__Work instructions__. Consider the listing below. Extract exactly the lines from the line containing "-- The allowance used when the attempt ends." to the line containing "retry_run retries (a", both included.

[Material to process Boundary: Start]

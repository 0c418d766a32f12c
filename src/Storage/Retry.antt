-- ===== src/Storage/Retry.antt =====
-- The retry loop of `Recovery.run` (harness/self_refine/recovery.py) and the delays of
-- harness/utils/retry.py, in seconds.
use de_framework.Exec.{Error, Result, connection_error, timeout_error, ok, err}
use de_framework.Prelude.{
  Bool, ℕ, List, if◌then◌else◌, min, true, Option, false, ◌*◌, none, ◌^◌, ◌∷◌, [], some, ◌+◌, not,
  ◌||◌, leb, suc, ◌&&◌, ◌≡◌, ◌≤◌, length, ◌<◌, arith, all, zero, ◌≢◌, refl,
}

abbrev pub recovery_max_retries : ℕ
recovery_max_retries = 6

unfoldable pub delay : ℕ → ℕ
delay retries = min (2 * 2 ^ retries) 30

-- One attempt, from connecting to the end of `execute`: whether it saved a phase boundary, which
-- resets the allowance, and how it ended.
pub record Attempt {ℓ} (A : Type ℓ) : Type ℓ where
  pub saved : Bool
  pub outcome : Result A

abbrev pub is_retried : Error → Bool
is_retried connection_error = true
is_retried timeout_error = true
is_retried _ = false

-- The allowance used when the attempt ends.
abbrev pub used_retries : Bool → ℕ → ℕ
used_retries saved retries = if saved then 0 else retries

-- The end of an attempt with the allowance used by then: the run ends too, or waits and goes on.
unfoldable pub retry_end {ℓ} :
    {A : Type ℓ} → Result A → ℕ → List ℕ × Option (Result A) → List ℕ × Option (Result A)
unfolding delay
retry_end (ok x) retries rest = ([], some (ok x))
retry_end (err e) retries rest =
    if not (is_retried e) || leb recovery_max_retries retries
    then ([], some (err e))
    else (delay retries ∷ rest.0, rest.1)

-- The delays waited, and the end of the run where the attempts given reach it.
unfoldable pub retry_run {ℓ} : {A : Type ℓ} → ℕ → List (Attempt A) → List ℕ × Option (Result A)
unfolding retry_end
retry_run retries [] = ([], none)
retry_run retries (a ∷ rest) =
    let used = used_retries a.saved retries in retry_end a.outcome used (retry_run (used + 1) rest)

abbrev pub saves {ℓ} : {A : Type ℓ} → List (Attempt A) → ℕ
saves [] = 0
saves (a ∷ rest) = if a.saved then suc (saves rest) else saves rest

abbrev pub is_timely : ℕ → Bool
is_timely d = leb 2 d && leb d 30

power_pos : (n : ℕ) → 1 ≤ 2 ^ n
power_pos zero = omega arith
power_pos (suc n) = omega (arith, power_pos n)

delay-timely : (retries : ℕ) → is_timely (delay retries) ≡ true
unfolding delay
delay-timely retries = ground (arith, power_pos retries)

module _ {ℓ} {A : Type ℓ} where
  end-bound :
      (r : Result A) (used : ℕ) (rest : List ℕ × Option (Result A)) (bound : ℕ)
      → used ≤ bound
      → (used < 6 → length rest.0 + used + 1 ≤ bound)
      → length (retry_end r used rest).0 + used ≤ bound
  unfolding retry_end
  end-bound (ok x) used rest bound h k = omega arith
  end-bound (err e) used rest bound h k = ground arith

  run-bound :
      (retries : ℕ) (attempts : List (Attempt A))
      → retries ≤ 6
      → length (retry_run retries attempts).0 + retries ≤ 6 + 6 * saves attempts
  unfolding retry_run
  run-bound retries [] h = omega arith
  run-bound retries (a ∷ rest) h =
      let used = used_retries a.saved retries in
      let step = end-bound a.outcome used (retry_run (used + 1) rest) (6 + 6 * saves rest) in
      ground (arith, step, run-bound (used + 1) rest)

  end-timely :
      (r : Result A) (used : ℕ) (rest : List ℕ × Option (Result A))
      → all is_timely rest.0 ≡ true
      → all is_timely (retry_end r used rest).0 ≡ true
  unfolding retry_end
  end-timely (ok x) used rest h = refl
  end-timely (err e) used rest h = ground (arith, delay-timely used)

  run-timely :
      (retries : ℕ) (attempts : List (Attempt A))
      → all is_timely (retry_run retries attempts).0 ≡ true
  unfolding retry_run
  run-timely retries [] = refl
  run-timely retries (a ∷ rest) =
      let used = used_retries a.saved retries in
      end-timely a.outcome used (retry_run (used + 1) rest) (run-timely (used + 1) rest)

  -- A run that has not ended used all its attempts.
  end-open :
      (r : Result A) (used n : ℕ) (rest : List ℕ × Option (Result A))
      → (rest.1 ≡ none → length rest.0 ≡ n)
      → (retry_end r used rest).1 ≡ none
      → length (retry_end r used rest).0 ≡ suc n
  unfolding retry_end
  end-open (ok x) used n rest k h = cc
  end-open (err e) used n rest k h = ground (arith, k)

  run-open :
      (retries : ℕ) (attempts : List (Attempt A))
      → (retry_run retries attempts).1 ≡ none
      → length (retry_run retries attempts).0 ≡ length attempts
  unfolding retry_run
  run-open retries [] h = refl
  run-open retries (a ∷ rest) h =
      let used = used_retries a.saved retries in
      end-open a.outcome used (length rest) (retry_run (used + 1) rest) (run-open (used + 1) rest) h

  -- A run waits at most six times, and six times more for each attempt that saved a phase, from two
  -- to thirty seconds each time.
  pub retry_run_lem :
      (attempts : List (Attempt A))
      → (length (retry_run 0 attempts).0 ≤ 6 + 6 * saves attempts)
        × (all is_timely (retry_run 0 attempts).0 ≡ true)
  retry_run_lem attempts =
      (omega (arith, run-bound 0 attempts (omega arith)), run-timely 0 attempts)

  -- A run ends, whatever its attempts do, when there are more than six of them, and six more for
  -- each attempt that saved a phase.
  pub retry_run_ends :
      (attempts : List (Attempt A))
      → 6 + 6 * saves attempts < length attempts
      → (retry_run 0 attempts).1 ≢ none
  retry_run_ends attempts h =
      λ running. omega (arith, run-open 0 attempts running, run-bound 0 attempts (omega arith))

  end-late :
      (r : Result A) (used : ℕ) (e : Error) (rest : List ℕ × Option (Result A))
      → is_retried e ≡ true
      → (rest.1 ≡ some (err e) → 6 ≤ length rest.0 + used + 1)
      → (retry_end r used rest).1 ≡ some (err e)
      → 6 ≤ length (retry_end r used rest).0 + used
  unfolding retry_end
  end-late (ok x) used e rest t k h = cc
  end-late (err d) used e rest t k h = ground (arith, k)

  run-late :
      (retries : ℕ) (attempts : List (Attempt A)) (e : Error)
      → is_retried e ≡ true
      → (retry_run retries attempts).1 ≡ some (err e)
      → 6 ≤ length (retry_run retries attempts).0 + retries
  unfolding retry_run
  run-late retries [] e t h = cc
  run-late retries (a ∷ rest) e t h =
      let used = used_retries a.saved retries in
      ground (
        arith,
        end-late a.outcome used e (retry_run (used + 1) rest) t
            (λ o. omega (arith, run-late (used + 1) rest e t o)) h,
      )

  -- A run gives up with a connection error or a timeout only after six retries.
  pub retry_run_late :
      (attempts : List (Attempt A)) (e : Error)
      → is_retried e ≡ true
      → (retry_run 0 attempts).1 ≡ some (err e)
      → 6 ≤ length (retry_run 0 attempts).0
  retry_run_late attempts e t h = omega (arith, run-late 0 attempts e t h)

[Material to process Boundary: End]

__Result for this task__.
-- The allowance used when the attempt ends.
abbrev pub used_retries : Bool → ℕ → ℕ
used_retries saved retries = if saved then 0 else retries

-- The end of an attempt with the allowance used by then: the run ends too, or waits and goes on.
unfoldable pub retry_end {ℓ} :
    {A : Type ℓ} → Result A → ℕ → List ℕ × Option (Result A) → List ℕ × Option (Result A)
unfolding delay
retry_end (ok x) retries rest = ([], some (ok x))
retry_end (err e) retries rest =
    if not (is_retried e) || leb recovery_max_retries retries
    then ([], some (err e))
    else (delay retries ∷ rest.0, rest.1)

-- The delays waited, and the end of the run where the attempts given reach it.
unfoldable pub retry_run {ℓ} : {A : Type ℓ} → ℕ → List (Attempt A) → List ℕ × Option (Result A)
unfolding retry_end
retry_run retries [] = ([], none)
retry_run retries (a ∷ rest) =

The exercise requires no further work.